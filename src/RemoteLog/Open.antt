-- ===== src/RemoteLog/Open.antt =====
-- The constructor of RemoteLog.antt, which has a loop of its own over the file, against the scan.
use ultra_net.Prelude.{
  ℕ, zero, suc, ◌+◌, ◌≤◌, ◌<◌, ◌^◌, ◌≡◌, refl, ap, ◌∙◌, Bool, List, [], ◌∷◌, some, arith, ltb, ◌==◌,
  length, take, drop, Bytes, u32, Bool-cases, Option-cases, inl, inr, length-drop, ◌⊎◌, ◌||◌, not,
}
use ultra_net.Log.{
  Frame, Read, torn, got, undefined, read_body, read_fields, read_frame, Scan, undefined, scanned,
  scan_loop, scan, has_prefix, read_le_u32, crc32_iso_hdlc,
}
use ultra_net.RemoteLog.{
  magic, data_ids, is_data, msg_id, Round, ends, goes_on, open_body, open_fields, open_round,
  open_loop, remote_log,
}

-- The round of the constructor that goes with what the scan reads.
pub round_of : Read → Round
round_of torn = ends
round_of undefined = ends
round_of (got f t) = goes_on f.type (msg_id f) t

open_body_agrees :
    (type : ℕ) (ids : Bytes) (n : ℕ) (c r s : Bytes)
    → length s < 2 ^ 32
    → open_body type ids n c r s ≡ round_of (read_body 8 type ids n c r s)
unfolding open_body read_body round_of msg_id
open_body_agrees type ids n c r s small = elim (Bool-cases (ltb (length s) (21 + n))) [
  | inl t ↦ elim (Bool-cases (ltb (length s) (u32 (21 + n)))) [
    | inl u ↦ ground (arith, t, u)
    | inr u ↦ ground (arith, t, u)
  ]
  | inr o ↦
      let fits : 21 + n ≤ length s = ground (arith, o) in
      let need : u32 (21 + n) ≡ 21 + n = omega (arith, fits, small) in
      elim (Option-cases (read_le_u32 (drop n r))) [
        | inl e ↦ ground (arith, o, need, e)
        | inr ((crc, q), e) ↦ elim (Bool-cases (crc32_iso_hdlc (take (u32 (13 + n)) c) == crc)) [
          | inl x ↦ ground (arith, o, need, e, x)
          | inr x ↦ ground (arith, o, need, e, x)
        ]
      ]
]

open_fields_agrees :
    (c s : Bytes) → length s < 2 ^ 32 → open_fields c s ≡ round_of (read_fields 8 c s)
unfolding open_fields read_fields round_of
open_fields_agrees [] s small = refl
open_fields_agrees (type ∷ r) s small = elim (Option-cases (read_le_u32 (drop 8 r))) [
  | inl e ↦ ground (arith, e)
  | inr ((n, q), e) ↦ ground (arith, e, open_body_agrees type (take 8 r) n (type ∷ r) q s small)
]

open_round_agrees : (s : Bytes) → length s < 2 ^ 32 → open_round s ≡ round_of (read_frame magic 8 s)
unfolding open_round read_frame round_of
open_round_agrees s small = elim (Bool-cases (ltb (length s) 21)) [
  | inl t ↦ ground (arith, t)
  | inr o ↦ elim (Bool-cases (has_prefix magic s)) [
    | inl h ↦ ground (arith, o, h, open_fields_agrees (drop 4 s) s small)
    | inr h ↦ ground (arith, o, h)
  ]
]

-- A round that goes on has taken some of the file.
open_body_shrinks :
    (type : ℕ) (ids : Bytes) (n : ℕ) (c r s : Bytes) {y id : ℕ} {t : Bytes}
    → length s < 2 ^ 32
    → open_body type ids n c r s ≡ goes_on y id t
    → length t < length s
unfolding open_body
open_body_shrinks type ids n c r s {y} {id} {t} small h =
    elim (Bool-cases (ltb (length s) (21 + n))) [
      | inl x ↦ absurd (ground (arith, x, h))
      | inr o ↦ elim (Option-cases (read_le_u32 (drop n r))) [
        | inl e ↦ absurd (ground (arith, o, e, h))
        | inr ((crc, q), e) ↦ elim (Bool-cases (crc32_iso_hdlc (take (u32 (13 + n)) c) == crc)) [
          | inl x ↦
              let fits : 21 + n ≤ length s = ground (arith, o) in
              let rest : t ≡ drop (u32 (21 + n)) s = ground (arith, o, e, x, h) in
              omega (arith, fits, small, ap length rest, length-drop (u32 (21 + n)) s)
          | inr x ↦ absurd (ground (arith, o, e, x, h))
        ]
      ]
    ]

open_fields_shrinks :
    (c s : Bytes) {y id : ℕ} {t : Bytes}
    → length s < 2 ^ 32
    → open_fields c s ≡ goes_on y id t
    → length t < length s
unfolding open_fields
open_fields_shrinks [] s small h = absurd (cc h)
open_fields_shrinks (type ∷ r) s {y} {id} {t} small h =
    elim (Option-cases (read_le_u32 (drop 8 r))) [
      | inl e ↦ absurd (ground (arith, e, h))
      | inr ((n, q), e) ↦
          open_body_shrinks type (take 8 r) n (type ∷ r) q s {y = y} {id = id} {t = t} small
            (ground (arith, e, h))
    ]

open_round_shrinks :
    (s : Bytes) {y id : ℕ} {t : Bytes}
    → length s < 2 ^ 32
    → open_round s ≡ goes_on y id t
    → length t < length s
unfolding open_round
open_round_shrinks s {y} {id} {t} small h =
    elim (Bool-cases (ltb (length s) 21 || not (has_prefix magic s))) [
      | inl x ↦ absurd (ground (arith, x, h))
      | inr o ↦
          open_fields_shrinks (drop 4 s) s {y = y} {id = id} {t = t} small (ground (arith, o, h))
    ]

open_round-nil : open_round [] ≡ ends
unfolding open_round
open_round-nil = refl

Read-cases :
    (x : Read) → (x ≡ torn) ⊎ (x ≡ Read.undefined) ⊎ ((f : Frame) × (t : Bytes) × (x ≡ got f t))
Read-cases torn = inl refl
Read-cases Read.undefined = inr (inl refl)
Read-cases (got f t) = inr (inr (f, t, refl))

Scan-cases :
    (x : Scan) → (x ≡ Scan.undefined) ⊎ ((fs : List Frame) × (bad : Bool) × (x ≡ scanned fs bad))
Scan-cases Scan.undefined = inl refl
Scan-cases (scanned fs bad) = inr (fs, bad, refl)

open_loop_agrees :
    (fuel : ℕ) (s : Bytes) {fs : List Frame} {bad : Bool}
    → length s < 2 ^ 32
    → length s < fuel
    → scan_loop magic 8 fuel s ≡ scanned fs bad
    → open_loop fuel s ≡ some (data_ids fs)
unfolding open_loop scan_loop data_ids is_data round_of
open_loop_agrees zero s small enough h = absurd (omega arith)
open_loop_agrees (suc fuel) [] {fs} {bad} small enough h = ground (arith, open_round-nil, h)
open_loop_agrees (suc fuel) (b ∷ s) {fs} {bad} small enough h =
    let agrees = open_round_agrees (b ∷ s) small in
    elim (Read-cases (read_frame magic 8 (b ∷ s))) [
      | inl e ↦ ground (arith, agrees, e, h)
      | inr (inl e) ↦ absurd (ground (arith, e, h))
      | inr (inr (f, t, e)) ↦
          let shrinks = open_round_shrinks (b ∷ s) small (agrees ∙ ap round_of e) in
          elim (Scan-cases (scan_loop magic 8 fuel t)) [
            | inl u ↦ absurd (ground (arith, e, u, h))
            | inr (gs, bad', u) ↦ ground (
              arith,
              agrees,
              e,
              u,
              h,
              open_loop_agrees fuel t (omega (arith, small, shrinks))
                  (omega (arith, enough, shrinks)) u,
            )
          ]
    ]

-- The two readers of the log agree: on a file of less than 2 ^ 32 bytes on which the scan reads nothing
-- out of bounds, the constructor returns, and knows the ids of the data records that the scan finds.
pub remote_log-scan :
    (bytes : Bytes) (opened : Bool) {fs : List Frame} {bad : Bool}
    → length bytes < 2 ^ 32
    → scan magic 8 bytes ≡ scanned fs bad
    → remote_log bytes opened ≡ some (record { fd_open = opened; file = bytes; ids = data_ids fs })
unfolding remote_log scan
remote_log-scan bytes opened {fs} {bad} small h =
    ground (
      arith,
      open_loop_agrees (suc (length bytes)) bytes {fs = fs} {bad = bad} small (omega arith) h,
    )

■ WHAT IS BEING ASKED
Going through the entries, return every line holding the word "ends".

■ TASK RESPONSE
  magic, data_ids, is_data, msg_id, Round, ends, goes_on, open_body, open_fields, open_round,
round_of torn = ends
round_of undefined = ends
open_round-nil : open_round [] ≡ ends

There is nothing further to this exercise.